- [Prompt] Read through the entries below and copy each line where "rejected" turns up.

........

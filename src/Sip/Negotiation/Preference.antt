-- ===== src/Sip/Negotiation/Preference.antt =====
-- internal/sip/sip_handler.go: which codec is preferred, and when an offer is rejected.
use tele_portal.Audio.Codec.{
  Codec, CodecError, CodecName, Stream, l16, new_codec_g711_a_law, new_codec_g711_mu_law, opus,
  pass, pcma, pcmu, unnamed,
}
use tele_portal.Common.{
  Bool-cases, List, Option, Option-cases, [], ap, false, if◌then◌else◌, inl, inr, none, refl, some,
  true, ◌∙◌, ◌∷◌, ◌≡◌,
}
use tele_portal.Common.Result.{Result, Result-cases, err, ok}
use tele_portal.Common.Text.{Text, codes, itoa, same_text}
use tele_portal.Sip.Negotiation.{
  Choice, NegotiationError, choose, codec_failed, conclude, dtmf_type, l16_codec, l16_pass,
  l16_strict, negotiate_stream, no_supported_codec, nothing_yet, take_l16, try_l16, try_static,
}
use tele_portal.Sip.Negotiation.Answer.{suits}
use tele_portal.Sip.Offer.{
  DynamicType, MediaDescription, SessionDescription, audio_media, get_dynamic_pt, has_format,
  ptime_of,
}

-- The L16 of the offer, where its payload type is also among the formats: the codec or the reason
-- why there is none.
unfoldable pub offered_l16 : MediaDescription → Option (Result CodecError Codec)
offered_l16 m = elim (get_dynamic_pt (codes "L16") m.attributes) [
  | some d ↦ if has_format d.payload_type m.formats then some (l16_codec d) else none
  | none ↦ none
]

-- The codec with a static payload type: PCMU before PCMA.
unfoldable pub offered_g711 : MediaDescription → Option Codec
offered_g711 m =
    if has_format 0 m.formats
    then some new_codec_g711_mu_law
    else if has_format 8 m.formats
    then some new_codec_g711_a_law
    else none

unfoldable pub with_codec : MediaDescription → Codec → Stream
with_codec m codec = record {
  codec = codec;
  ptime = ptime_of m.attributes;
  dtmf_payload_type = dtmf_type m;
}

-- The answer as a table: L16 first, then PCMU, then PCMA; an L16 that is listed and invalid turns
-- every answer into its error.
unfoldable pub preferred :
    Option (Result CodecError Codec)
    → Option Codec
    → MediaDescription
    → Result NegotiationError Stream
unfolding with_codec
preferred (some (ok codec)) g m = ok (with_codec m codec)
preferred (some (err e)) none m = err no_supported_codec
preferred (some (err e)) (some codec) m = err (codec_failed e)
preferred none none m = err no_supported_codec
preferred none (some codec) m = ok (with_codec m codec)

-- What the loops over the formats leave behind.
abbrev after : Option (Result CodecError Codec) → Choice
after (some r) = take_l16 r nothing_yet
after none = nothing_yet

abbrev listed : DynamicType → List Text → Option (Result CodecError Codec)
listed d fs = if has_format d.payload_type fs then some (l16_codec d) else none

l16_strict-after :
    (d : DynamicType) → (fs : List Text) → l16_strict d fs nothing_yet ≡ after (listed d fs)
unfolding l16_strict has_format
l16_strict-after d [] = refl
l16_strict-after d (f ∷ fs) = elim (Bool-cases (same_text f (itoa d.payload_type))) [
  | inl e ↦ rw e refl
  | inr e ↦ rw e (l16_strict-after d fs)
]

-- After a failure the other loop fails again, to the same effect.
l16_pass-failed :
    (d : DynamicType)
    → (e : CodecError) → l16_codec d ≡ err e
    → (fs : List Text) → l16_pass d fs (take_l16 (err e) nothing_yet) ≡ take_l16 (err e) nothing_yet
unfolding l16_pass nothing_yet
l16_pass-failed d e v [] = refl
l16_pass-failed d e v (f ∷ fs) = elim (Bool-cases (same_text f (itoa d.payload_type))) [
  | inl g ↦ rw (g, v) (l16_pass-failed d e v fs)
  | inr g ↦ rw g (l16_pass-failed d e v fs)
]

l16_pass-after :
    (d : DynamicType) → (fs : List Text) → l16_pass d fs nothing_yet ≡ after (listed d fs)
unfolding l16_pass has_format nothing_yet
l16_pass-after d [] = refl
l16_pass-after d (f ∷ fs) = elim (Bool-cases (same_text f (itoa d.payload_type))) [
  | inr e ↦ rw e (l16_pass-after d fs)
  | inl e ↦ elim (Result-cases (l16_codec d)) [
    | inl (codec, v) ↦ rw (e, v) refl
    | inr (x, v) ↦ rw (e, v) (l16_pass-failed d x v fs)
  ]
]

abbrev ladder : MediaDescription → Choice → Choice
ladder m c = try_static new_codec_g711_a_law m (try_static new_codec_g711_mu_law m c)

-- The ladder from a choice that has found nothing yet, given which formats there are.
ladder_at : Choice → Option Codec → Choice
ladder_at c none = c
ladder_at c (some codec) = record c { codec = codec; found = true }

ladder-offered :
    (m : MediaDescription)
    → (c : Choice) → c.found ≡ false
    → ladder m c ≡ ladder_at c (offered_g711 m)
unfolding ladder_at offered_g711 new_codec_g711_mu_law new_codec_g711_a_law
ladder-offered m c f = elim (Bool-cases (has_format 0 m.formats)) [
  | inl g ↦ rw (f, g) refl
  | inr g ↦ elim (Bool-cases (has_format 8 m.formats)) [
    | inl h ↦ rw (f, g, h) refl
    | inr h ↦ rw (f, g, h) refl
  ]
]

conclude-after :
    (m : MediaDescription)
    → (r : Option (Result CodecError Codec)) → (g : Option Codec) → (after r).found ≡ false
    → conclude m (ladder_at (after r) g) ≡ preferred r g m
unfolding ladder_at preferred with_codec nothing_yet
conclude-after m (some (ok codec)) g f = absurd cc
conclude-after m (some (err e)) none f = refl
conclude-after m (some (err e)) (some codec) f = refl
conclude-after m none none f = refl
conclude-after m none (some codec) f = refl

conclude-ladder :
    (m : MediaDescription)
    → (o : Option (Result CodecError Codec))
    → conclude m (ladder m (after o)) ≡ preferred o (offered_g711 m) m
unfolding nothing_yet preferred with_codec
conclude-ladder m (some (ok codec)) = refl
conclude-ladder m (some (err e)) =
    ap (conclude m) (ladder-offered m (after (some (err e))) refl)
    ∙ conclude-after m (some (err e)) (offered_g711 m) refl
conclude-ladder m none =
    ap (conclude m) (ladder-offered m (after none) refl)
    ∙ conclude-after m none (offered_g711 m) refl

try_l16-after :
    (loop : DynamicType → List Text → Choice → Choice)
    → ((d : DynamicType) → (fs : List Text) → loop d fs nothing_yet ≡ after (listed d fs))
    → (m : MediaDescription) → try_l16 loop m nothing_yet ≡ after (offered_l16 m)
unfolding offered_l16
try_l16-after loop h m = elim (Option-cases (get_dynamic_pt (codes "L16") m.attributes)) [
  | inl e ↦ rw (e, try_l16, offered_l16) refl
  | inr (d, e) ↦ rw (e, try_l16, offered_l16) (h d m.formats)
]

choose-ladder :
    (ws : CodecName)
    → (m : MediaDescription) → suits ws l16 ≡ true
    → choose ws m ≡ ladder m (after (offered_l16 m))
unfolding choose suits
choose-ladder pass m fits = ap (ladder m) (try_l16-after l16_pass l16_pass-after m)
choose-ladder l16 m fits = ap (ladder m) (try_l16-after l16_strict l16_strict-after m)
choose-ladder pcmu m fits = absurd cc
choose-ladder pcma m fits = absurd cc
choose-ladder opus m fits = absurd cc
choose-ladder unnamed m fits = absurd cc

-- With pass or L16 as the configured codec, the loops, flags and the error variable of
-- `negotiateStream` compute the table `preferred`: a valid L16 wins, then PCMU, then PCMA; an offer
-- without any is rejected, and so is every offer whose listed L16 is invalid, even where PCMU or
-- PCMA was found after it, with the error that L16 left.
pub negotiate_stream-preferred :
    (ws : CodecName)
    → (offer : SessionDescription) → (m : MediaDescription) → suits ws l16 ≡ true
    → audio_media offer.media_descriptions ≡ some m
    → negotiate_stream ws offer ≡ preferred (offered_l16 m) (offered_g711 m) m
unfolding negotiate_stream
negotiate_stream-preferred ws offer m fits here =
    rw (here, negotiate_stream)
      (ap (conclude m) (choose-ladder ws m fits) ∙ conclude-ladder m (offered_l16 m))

........

- [Written solution]
-- internal/sip/sip_handler.go: which codec is preferred, and when an offer is rejected.
-- without any is rejected, and so is every offer whose listed L16 is invalid, even where PCMU or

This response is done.